At that time, the move caused panic among the Kurdish-led Syrian Democratic Forces (SDF), which have run a de facto state in the north-east for years. They have been armed and trained by the US after Washington identified the SDF as its main local partner in the fight against Isis.  

But the SDF’s presence on the border region with Turkey has long riled Ankara, which considers the militants as an extension of the Kurdistan Workers’ party (PKK), a separatist group that has fought a four-decade insurgency against the Turkish state but said last month it would disband.

Turkey has launched several offensives into Syria since 2016 to push the SDF back from its borders, and has armed and trained Syrian factions to counter the Kurdish militants. 

After Trump was elected to a second term, the SDF began preparing for a scenario in which US troops would be withdrawn once more. That accelerated with the fall of Assad in December.

In March, the US-backed SDF, which is estimated to have more than 60,000 fighters on its payroll, reached an agreement to integrate the group into the central government’s military and civil institutions, marking a significant breakthrough for interim authorities as they seek to extend control over the fragmented country. 

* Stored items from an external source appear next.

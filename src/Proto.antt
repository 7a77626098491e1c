-- ===== src/Proto.antt =====
-- The wire messages (messages/proto/messages.proto and the types generated from it in
-- messages/proto/messages.pb.go). A pointer that can be nil in a decoded message is an option or has a
-- constructor for nil; the entries of a repeated field and the member that a set oneof holds are
-- never nil in a decoded message, so they are plain values.
use go_ibft.Prelude.{ℕ, Bool, true, false, Option, none, some, List, [], ◌∷◌, Str, str_beq, nat_beq}

-- A `[]byte`, which can be nil.
abbrev pub Bytes : Type 0
Bytes = Option Str

-- `string(b)`: nil converts to the empty string.
abbrev pub to_string : Bytes → Str
to_string none = []
to_string (some s) = s

-- `bytes.Equal`: nil equals the empty slice.
abbrev pub bytes_equal : Bytes → Bytes → Bool
bytes_equal a b = str_beq (to_string a) (to_string b)

-- A proto3 enum is open: a decoded message may carry any other number.
pub data MessageType : Type 0 where
  preprepare prepare commit round_change : MessageType
  unknown : ℕ → MessageType

abbrev pub same_type : MessageType → MessageType → Bool
same_type MessageType.preprepare MessageType.preprepare = true
same_type MessageType.prepare MessageType.prepare = true
same_type MessageType.commit MessageType.commit = true
same_type MessageType.round_change MessageType.round_change = true
same_type (MessageType.unknown a) (MessageType.unknown b) = nat_beq a b
same_type _ _ = false

pub record View : Type 0 where
  pub height : ℕ
  pub round : ℕ

pub record Proposal : Type 0 where
  pub raw_proposal : Bytes
  pub round : ℕ

mutual
  pub data IbftMessage : Type 0 where
    message : Option View → Bytes → Bytes → MessageType → Payload → IbftMessage

  pub data Payload : Type 0 where
    no_payload : Payload
    preprepare_data : Option Proposal → Bytes → RoundChangeRef → Payload
    prepare_data : Bytes → Payload
    commit_data : Bytes → Bytes → Payload
    round_change_data : Option Proposal → PreparedRef → Payload

  -- `*RoundChangeCertificate`, `*PreparedCertificate` and `*IbftMessage`.
  pub data RoundChangeRef : Type 0 where
    nil_rcc : RoundChangeRef
    rcc_ref : RoundChangeCertificate → RoundChangeRef

  pub data RoundChangeCertificate : Type 0 where
    round_change_certificate : MessageSlice → RoundChangeCertificate

  pub data PreparedRef : Type 0 where
    nil_pc : PreparedRef
    pc_ref : PreparedCertificate → PreparedRef

  pub data PreparedCertificate : Type 0 where
    prepared_certificate : MessageRef → MessageSlice → PreparedCertificate

  pub data MessageRef : Type 0 where
    nil_message : MessageRef
    message_ref : IbftMessage → MessageRef

  -- `[]*IbftMessage`: nil, or its entries.
  pub data MessageSlice : Type 0 where
    nil_slice : MessageSlice
    slice : MessageItems → MessageSlice

  pub data MessageItems : Type 0 where
    end : MessageItems
    item : IbftMessage → MessageItems → MessageItems

abbrev pub view_of : IbftMessage → Option View
view_of (message v f s t p) = v

abbrev pub from_of : IbftMessage → Bytes
from_of (message v f s t p) = f

abbrev pub signature_of : IbftMessage → Bytes
signature_of (message v f s t p) = s

abbrev pub type_of : IbftMessage → MessageType
type_of (message v f s t p) = t

abbrev pub payload_of : IbftMessage → Payload
payload_of (message v f s t p) = p

-- `string(message.From)`, the key under which a sender is stored.
abbrev pub sender : IbftMessage → Str
sender m = to_string (from_of m)

abbrev pub items_list : MessageItems → List IbftMessage
items_list end = []
items_list (item m ms) = m ∷ items_list ms

-- The entries that a `range` over the slice visits.
abbrev pub slice_list : MessageSlice → List IbftMessage
slice_list nil_slice = []
slice_list (slice ms) = items_list ms

abbrev pub items_of : List IbftMessage → MessageItems
items_of [] = end
items_of (m ∷ ms) = item m (items_of ms)

abbrev pub rcc_messages : RoundChangeCertificate → List IbftMessage
rcc_messages (round_change_certificate ms) = slice_list ms

abbrev pub proposal_message_of : PreparedCertificate → MessageRef
proposal_message_of (prepared_certificate m ms) = m

abbrev pub prepare_messages_of : PreparedCertificate → MessageSlice
prepare_messages_of (prepared_certificate m ms) = ms

-- `PayloadNoSig` of messages/proto/helper.go, over `proto.Marshal`, which may fail.
unfoldable payload_no_sig : (IbftMessage → Option Bytes) → IbftMessage → Option Bytes
payload_no_sig marshal (message v f s t p) = marshal (message v f none t p)
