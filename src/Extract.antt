-- ===== src/Extract.antt =====
-- The extractors and message checks of messages/helpers.go. A `Result` is a panic where the source
-- reads a field of a nil pointer.
pub mod Seals
pub mod Pc
use go_ibft.Prelude.{
  ℕ, Bool, true, false, Option, none, some, List, [], ◌∷◌, ◌++◌, Str, Result, ok, panic, leb, not,
  ◌==◌, nat_eq, if◌then◌else◌, contains, str_eq, ◌||◌,
}
use go_ibft.Proto.{
  Bytes, bytes_equal, preprepare, prepare, commit, round_change, same_type, View, Proposal,
  IbftMessage, message, preprepare_data, prepare_data, commit_data, round_change_data,
  RoundChangeRef, nil_rcc, PreparedRef, nil_pc, view_of, type_of, sender,
}

pub record CommittedSeal : Type 0 where
  pub signer : Bytes
  pub signature : Bytes

-- `none` is a nil seal.
unfoldable pub extract_committed_seal : IbftMessage → Option CommittedSeal
extract_committed_seal (message v f s t (commit_data h c)) =
    some (record { signer = f; signature = c })
extract_committed_seal (message v f s t _) = none

-- The loop of `ExtractCommittedSeals`; `none` is ErrWrongCommitMessageType.
unfoldable extract_seals_from :
    List (Option CommittedSeal) → List IbftMessage → Option (List (Option CommittedSeal))
extract_seals_from acc [] = some acc
extract_seals_from acc (m ∷ ms) =
    let rest = extract_seals_from (acc ++ extract_committed_seal m ∷ []) ms in
    if not (same_type (type_of m) commit) then none else rest

unfoldable pub extract_committed_seals : List IbftMessage → Option (List (Option CommittedSeal))
unfolding extract_seals_from
extract_committed_seals ms = extract_seals_from [] ms

unfoldable pub extract_commit_hash : IbftMessage → Bytes
extract_commit_hash (message v f s commit (commit_data h c)) = h
extract_commit_hash (message v f s _ _) = none

unfoldable pub extract_proposal : IbftMessage → Option Proposal
extract_proposal (message v f s preprepare (preprepare_data p h c)) = p
extract_proposal (message v f s _ _) = none

unfoldable pub extract_proposal_hash : IbftMessage → Bytes
extract_proposal_hash (message v f s preprepare (preprepare_data p h c)) = h
extract_proposal_hash (message v f s _ _) = none

unfoldable pub extract_round_change_certificate : IbftMessage → RoundChangeRef
extract_round_change_certificate (message v f s preprepare (preprepare_data p h c)) = c
extract_round_change_certificate (message v f s _ _) = nil_rcc

unfoldable pub extract_prepare_hash : IbftMessage → Bytes
extract_prepare_hash (message v f s prepare (prepare_data h)) = h
extract_prepare_hash (message v f s _ _) = none

unfoldable pub extract_latest_pc : IbftMessage → PreparedRef
extract_latest_pc (message v f s round_change (round_change_data p c)) = c
extract_latest_pc (message v f s _ _) = nil_pc

unfoldable pub extract_last_prepared_proposal : IbftMessage → Option Proposal
extract_last_prepared_proposal (message v f s round_change (round_change_data p c)) = p
extract_last_prepared_proposal (message v f s _ _) = none

-- The loop of `HasUniqueSenders` over the senders met so far.
unfoldable pub unique_senders_from : List Str → List IbftMessage → Bool
unique_senders_from seen [] = true
unique_senders_from seen (m ∷ ms) =
    let rest = unique_senders_from (sender m ∷ seen) ms in
    if contains seen (sender m) then false else rest

unfoldable pub has_unique_senders : List IbftMessage → Bool
unfolding unique_senders_from
has_unique_senders [] = false
has_unique_senders (m ∷ ms) = unique_senders_from [] (m ∷ ms)

-- The hash, and whether the type of the message may stand in a prepared certificate.
unfoldable pub extract_pc_message_hash : IbftMessage → Bytes × Bool
unfolding extract_proposal_hash extract_prepare_hash
extract_pc_message_hash (message v f s preprepare p) =
    (extract_proposal_hash (message v f s preprepare p), true)
extract_pc_message_hash (message v f s prepare p) =
    (extract_prepare_hash (message v f s prepare p), true)
extract_pc_message_hash (message v f s _ p) = (none, false)

-- A field read through `message.View`.
abbrev pub deref_view {ℓ} : {A : Type ℓ} → Option View → (View → Result A) → Result A
deref_view none k = panic
deref_view (some v) k = k v

-- `if hash == nil {hash = extractedHash }`.
abbrev pub first_hash : Bytes → Bytes → Bytes
first_hash none extracted = extracted
first_hash (some h) extracted = some h

-- One pass of the loop of `AreValidPCMessages` up to the update of `senderMap`: the reference hash
-- for the next pass, or `none` where the source returns false.
unfoldable pub pc_message_check : ℕ → ℕ → ℕ → Bytes → List Str → IbftMessage → Result (Option Bytes)
pc_message_check height round_limit round hash seen m = deref_view (view_of m) λ v.
    let (extracted, is_ok) = extract_pc_message_hash m in
    let hash' = first_hash hash extracted in
    if not (v.height == height)
    then ok none
    else if not (v.round == round) || leb round_limit v.round
    then ok none
    else if not is_ok || not (bytes_equal hash' extracted)
    then ok none
    else if contains seen (sender m)
    then ok none
    else ok (some hash')

unfoldable pub pc_messages_from : ℕ → ℕ → ℕ → Bytes → List Str → List IbftMessage → Result Bool
pc_messages_from height round_limit round hash seen [] = ok true
pc_messages_from height round_limit round hash seen (m ∷ ms) =
    elim (pc_message_check height round_limit round hash seen m) [
      | panic ↦ panic
      | ok none ↦ ok false
      | ok (some hash') ↦ pc_messages_from height round_limit round hash' (sender m ∷ seen) ms
    ]

-- `AreValidPCMessages`: the round is read from the first message.
unfoldable pub are_valid_pc_messages : List IbftMessage → ℕ → ℕ → Result Bool
are_valid_pc_messages [] height round_limit = ok false
are_valid_pc_messages (m ∷ ms) height round_limit =
    deref_view (view_of m) λ v. pc_messages_from height round_limit v.round none [] (m ∷ ms)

That deal is due to be enacted by the end of the year, but there has been little progress on implementation as talks between the two sides stumbled over technicalities.

Although territorially defeated in 2019, Isis remains a potent source of instability in Syria, particularly since Assad’s ousting created a security vacuum. The Pentagon has said it has carried out “dozens” of air strikes targeting Isis over the past year, to “deny them the ability to regain strength”.

A patchwork of rebel factions, many — but not all — loyal to President Ahmed al-Sharaa, are maintaining security as the government works to merge them into one centralised military. 

Isis has sought to exploit that vacuum. Last week, it claimed responsibility for two attacks targeting the new government in southern Sweida province, where Isis has been relatively inactive in recent years. The area is controlled by the Druze minority, which has not allowed central government forces to have a presence. 

Government forces have conducted raids against Isis operatives amid mounting concerns that it is regrouping.

The SDF runs prisons and camps holding tens of thousands of Isis fighters and their families. Concerns have grown among western and regional officials about the security of the facilities if the US withdraws completely and Damascus does not take control of them — a condition Washington imposed following the lifting of US sanctions last month.